**Exercise aim**
From the data underneath, reproduce exactly the stretch that begins at the line with "Type 0 where" and ends after the line with "refl, up.ticks p.world now)".
START Records for processing
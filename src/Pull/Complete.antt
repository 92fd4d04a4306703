-- ===== src/Pull/Complete.antt =====
-- src/pull.rs: a cycle that nothing stands in the way of acknowledges all of its deliveries.
use amail_bridge.Common.{
  ℕ, ◌-◌, ltb, ◌≤◌, ◌<◌, ◌≡◌, refl, ◌∙◌, Bool, true, false, Option, none, some, List, [], ◌∷◌, ◌++◌,
  append_assoc, append-nil, arith, All, Bool-cases, inl, inr, list_eq, nat_eq,
}
use amail_bridge.Std.Text.{Text, str, trim_end_matches}
use amail_bridge.Http.{SendResult, response, failed}
use amail_bridge.Std.Dict
use amail_bridge.Std.Dict.{Dict}
use amail_bridge.Std.Int.{ℤ, int_eq}
use amail_bridge.Config.{PullSystemConfig}
use amail_bridge.Pull.{PullState, work, acknowledge, sleep, ack_deliveries, signed_post, api_sign}
use amail_bridge.Router.Route.{ProfileRoute, unwrap_or}
use amail_bridge.Router.Table.{Crates, ProfileRouter}
use amail_bridge.Router.Patterns.{lookup-exact}
use amail_bridge.Push.Webhook.{delivered_by}
use amail_bridge.Pull.Forward.{
  Outside, BatchDelivery, PendingBatch, Progress, settle, forward_along, forward, check_seen,
  deliver, run_deliveries, run_batches, relay_headers, seen_ttl,
}
use amail_bridge.Pull.Ack.{run_batches-some}

module _ (C : Crates) (O : Outside) where
  -- The delivery has a route in the table.
  abbrev pub IsRouted : ProfileRouter C.Regex → BatchDelivery C O → Type 0
  IsRouted r d = (route : ProfileRoute) × (Dict.get d.email r.routes ≡ some route)

  abbrev pub ids : List (BatchDelivery C O) → List ℤ
  ids [] = []
  ids (d ∷ ds) = d.id ∷ ids ds

  abbrev pub all_ids : List (PendingBatch C O) → List ℤ
  all_ids [] = []
  all_ids (b ∷ bs) = ids b.deliveries ++ all_ids bs

  -- The batch has a text, and its deliveries have routes.
  abbrev pub IsReady : ProfileRouter C.Regex → PendingBatch C O → Type 0
  IsReady r b = ((body : Text) × (O.to_vec b.body ≡ some body)) × All (IsRouted r) b.deliveries

  settle-router :
      (d : BatchDelivery C O) (ok : Bool) (p : Progress C O) → (settle C O d ok p).router ≡ p.router
  unfolding settle
  settle-router d true p = refl
  settle-router d false p = refl

  pub forward_along-router :
      (body : Text) (d : BatchDelivery C O) (o : Option ProfileRoute) (p : Progress C O)
      → (forward_along C O body d o p).router ≡ p.router
  unfolding forward_along
  forward_along-router body d none p = refl
  forward_along-router body d (some route) p = settle-router d _ _

-- A status of 200 to 299.
abbrev pub IsSuccess : SendResult → Type 0
IsSuccess (response status body) = (200 ≤ status) × (status < 300)
IsSuccess (failed error) = ⊥

delivered_by-IsSuccess : (result : SendResult) → IsSuccess result → delivered_by result ≡ true
unfolding delivered_by
delivered_by-IsSuccess (response status body) (low, high) = ground arith
delivered_by-IsSuccess (failed error) h = absurd h

-- In the worlds of a kind the gateways of the routes are up: a request to the URL of a route is
-- answered with a success, and neither it nor a reading of the clock leads out of these worlds.
pub record GatewaysUp (C : Crates) (O : Outside) (Up : O.World → Type 0) (r : ProfileRouter C.Regex)
    : Type 0 where
  pub answers :
      (email : Text) (route : ProfileRoute) (headers : List (Text × Text)) (body : Text)
      (w : O.World)
      → Dict.get email r.routes ≡ some route
      → Up w
      → IsSuccess (O.send route.target_url headers body w).0
        × Up (O.send route.target_url headers body w).1
  pub ticks : (w : O.World) → Up w → Up (O.instant w).1

module _ (C : Crates) (O : Outside) (Up : O.World → Type 0) where
  -- What the round for a delivery does: the delivery is to be acknowledged.
  abbrev Accepted : BatchDelivery C O → Progress C O → Progress C O → Type 0
  Accepted d p p' = (p'.ack_ids ≡ p.ack_ids ++ (d.id ∷ [])) × (p'.router ≡ p.router) × Up p'.world

  forward-Accepted :
      (body : Text) (d : BatchDelivery C O) (p : Progress C O)
      → GatewaysUp C O Up p.router
      → IsRouted C O p.router d
      → Up p.world
      → Accepted d p (forward C O body d p)
  unfolding forward forward_along settle
  forward-Accepted body d p up (route, e) now =
      let found = lookup-exact C d.email p.router route e in
      let headers = relay_headers (unwrap_or [] (O.header_map d.headers)) in
      let (success, later) = up.answers d.email route headers body p.world e now in
      let taken = delivered_by-IsSuccess _ success in
      rw found (rw taken (refl, refl, up.ticks _ later))

  check_seen-Accepted :
      (body : Text) (d : BatchDelivery C O) (o : Option ℕ) (p : Progress C O)
      → GatewaysUp C O Up p.router
      → IsRouted C O p.router d
      → Up p.world
      → Accepted d p (check_seen C O body d o p)
  unfolding check_seen
  check_seen-Accepted body d none p up routed now = forward-Accepted body d p up routed now
  check_seen-Accepted body d (some t) p up routed now =
      elim (Bool-cases (ltb ((O.instant p.world).0 - t) seen_ttl)) [
        | inl fresh ↦ rw fresh (refl, refl, up.ticks p.world now)
        | inr stale ↦ rw stale (forward-Accepted body d _ up routed (up.ticks p.world now))
      ]

  deliver-Accepted :
      (body : Text) (d : BatchDelivery C O) (p : Progress C O)
      → GatewaysUp C O Up p.router
      → IsRouted C O p.router d
      → Up p.world
      → Accepted d p (deliver C O body d p)
  unfolding deliver
  deliver-Accepted body d p up routed now =
      check_seen-Accepted body d (Dict.get d.id p.seen) p up routed now

  run_deliveries-acked :
      (body : Text) (ds : List (BatchDelivery C O)) (p : Progress C O)
      → GatewaysUp C O Up p.router
      → All (IsRouted C O p.router) ds
      → Up p.world
      → ((run_deliveries C O body ds p).ack_ids ≡ p.ack_ids ++ ids C O ds)
        × ((run_deliveries C O body ds p).router ≡ p.router)
        × Up (run_deliveries C O body ds p).world
  unfolding run_deliveries
  run_deliveries-acked body [] p up h now = (rw (append-nil p.ack_ids) refl, refl, now)
  run_deliveries-acked body (d ∷ ds) p up (routed, h) now =
      let (acked, same_router, later) = deliver-Accepted body d p up routed now in
      let p' = deliver C O body d p in
      let (rest, router, end) =
        run_deliveries-acked body ds p' (rw same_router up) (rw same_router h) later in
      (rest ∙ rw acked (append_assoc p.ack_ids _ _), router ∙ same_router, end)

  -- While the gateways are up, every body prints and every delivery has a route in the table, a
  -- cycle runs through and its list to acknowledge gains every delivery, in order.
  pub run_batches_complete :
      (bs : List (PendingBatch C O)) (p : Progress C O)
      → GatewaysUp C O Up p.router
      → All (IsReady C O p.router) bs
      → Up p.world
      → ((run_batches C O bs p).0 ≡ true)
        × ((run_batches C O bs p).1.ack_ids ≡ p.ack_ids ++ all_ids C O bs)
  run_batches_complete [] p up h now = unfold run_batches in (refl, rw (append-nil p.ack_ids) refl)
  run_batches_complete (b ∷ bs) p up (((body, e), routed), h) now =
      let (acked, same_router, later) = run_deliveries-acked body b.deliveries p up routed now in
      let p' = run_deliveries C O body b.deliveries p in
      let (through, rest) =
        run_batches_complete bs p' (rw same_router up) (rw same_router h) later in
      rw (run_batches-some C O b bs p body e)
        (through, rest ∙ rw acked (append_assoc p.ack_ids _ _))

  -- A signed request that asks the relay to acknowledge the deliveries, and the world behind it.
  abbrev pub AsksForAck : PullSystemConfig → List ℤ → O.World → O.World → Type 0
  AsksForAck cfg acked w w' =
      (ts sig : Text) × let url =
          trim_end_matches b'/' cfg.amail_url ++ str "/api/v1/admin/pending/ack" in
        let headers =
          (str "X-Api-Identity", cfg.system_id)
          ∷ (str "X-Api-Timestamp", ts)
          ∷ (str "X-Api-Signature", sig)
          ∷ (str "content-type", str "application/json")
          ∷ [] in
        w' ≡ (O.send url headers (O.ack_body acked) (O.unix_ms w).1).1

  acknowledge-AsksForAck :
      (cfg : PullSystemConfig) (id : ℤ) (acked : List ℤ) (s : PullState C O)
      → AsksForAck cfg (id ∷ acked) s.world (acknowledge C O cfg (id ∷ acked) s).world
  unfolding acknowledge ack_deliveries signed_post api_sign
  acknowledge-AsksForAck cfg id acked s = (_, _, refl)

  -- The progress of a cycle at its start.
  abbrev pub at_start : PullState C O → Progress C O
  at_start s = record {
    seen = s.seen;
    router = s.router;
    world = s.world;
    ack_ids = [];
    forwarded_emails = [];
  }

  -- While the gateways are up, every body prints and every delivery has a route in the table, the
  -- cycle behind a successful fetch that brought deliveries ends with the usual pause, and its last
  -- request, behind the forwards, asks the relay to acknowledge all of them, in order.
  pub work_complete :
      (cfg : PullSystemConfig) (bs : List (PendingBatch C O)) (s : PullState C O) (first : ℤ)
      (others : List ℤ)
      → GatewaysUp C O Up s.router
      → All (IsReady C O s.router) bs
      → Up s.world
      → all_ids C O bs ≡ first ∷ others
      → (s' : PullState C O) × (work C O cfg bs s ≡ sleep cfg.poll_interval_sec s')
        × AsksForAck cfg (all_ids C O bs) (run_batches C O bs (at_start s)).1.world s'.world
  unfolding work
  work_complete cfg bs s first others up h now some_ids =
      let (through, acked) = run_batches_complete bs (at_start s) up h now in
      let listed : (run_batches C O bs (at_start s)).1.ack_ids ≡ first ∷ others =
        acked ∙ some_ids in
      let p = (run_batches C O bs (at_start s)).1 in
      let after : PullState C O = record s {
        router = p.router;
        seen = p.seen;
        consecutive_failures = 0;
        world = p.world;
      } in
      (
        acknowledge C O cfg (first ∷ others) after,
        rw (through, listed) refl,
        rw some_ids (acknowledge-AsksForAck cfg first others _),
      )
END Records for processing
**Exercise result**
    : Type 0 where
  pub answers :
      (email : Text) (route : ProfileRoute) (headers : List (Text × Text)) (body : Text)
      (w : O.World)
      → Dict.get email r.routes ≡ some route
      → Up w
      → IsSuccess (O.send route.target_url headers body w).0
        × Up (O.send route.target_url headers body w).1
  pub ticks : (w : O.World) → Up w → Up (O.instant w).1

module _ (C : Crates) (O : Outside) (Up : O.World → Type 0) where
  -- What the round for a delivery does: the delivery is to be acknowledged.
  abbrev Accepted : BatchDelivery C O → Progress C O → Progress C O → Type 0
  Accepted d p p' = (p'.ack_ids ≡ p.ack_ids ++ (d.id ∷ [])) × (p'.router ≡ p.router) × Up p'.world

  forward-Accepted :
      (body : Text) (d : BatchDelivery C O) (p : Progress C O)
      → GatewaysUp C O Up p.router
      → IsRouted C O p.router d
      → Up p.world
      → Accepted d p (forward C O body d p)
  unfolding forward forward_along settle
  forward-Accepted body d p up (route, e) now =
      let found = lookup-exact C d.email p.router route e in
      let headers = relay_headers (unwrap_or [] (O.header_map d.headers)) in
      let (success, later) = up.answers d.email route headers body p.world e now in
      let taken = delivered_by-IsSuccess _ success in
      rw found (rw taken (refl, refl, up.ticks _ later))

  check_seen-Accepted :
      (body : Text) (d : BatchDelivery C O) (o : Option ℕ) (p : Progress C O)
      → GatewaysUp C O Up p.router
      → IsRouted C O p.router d
      → Up p.world
      → Accepted d p (check_seen C O body d o p)
  unfolding check_seen
  check_seen-Accepted body d none p up routed now = forward-Accepted body d p up routed now
  check_seen-Accepted body d (some t) p up routed now =
      elim (Bool-cases (ltb ((O.instant p.world).0 - t) seen_ttl)) [
        | inl fresh ↦ rw fresh (refl, refl, up.ticks p.world now)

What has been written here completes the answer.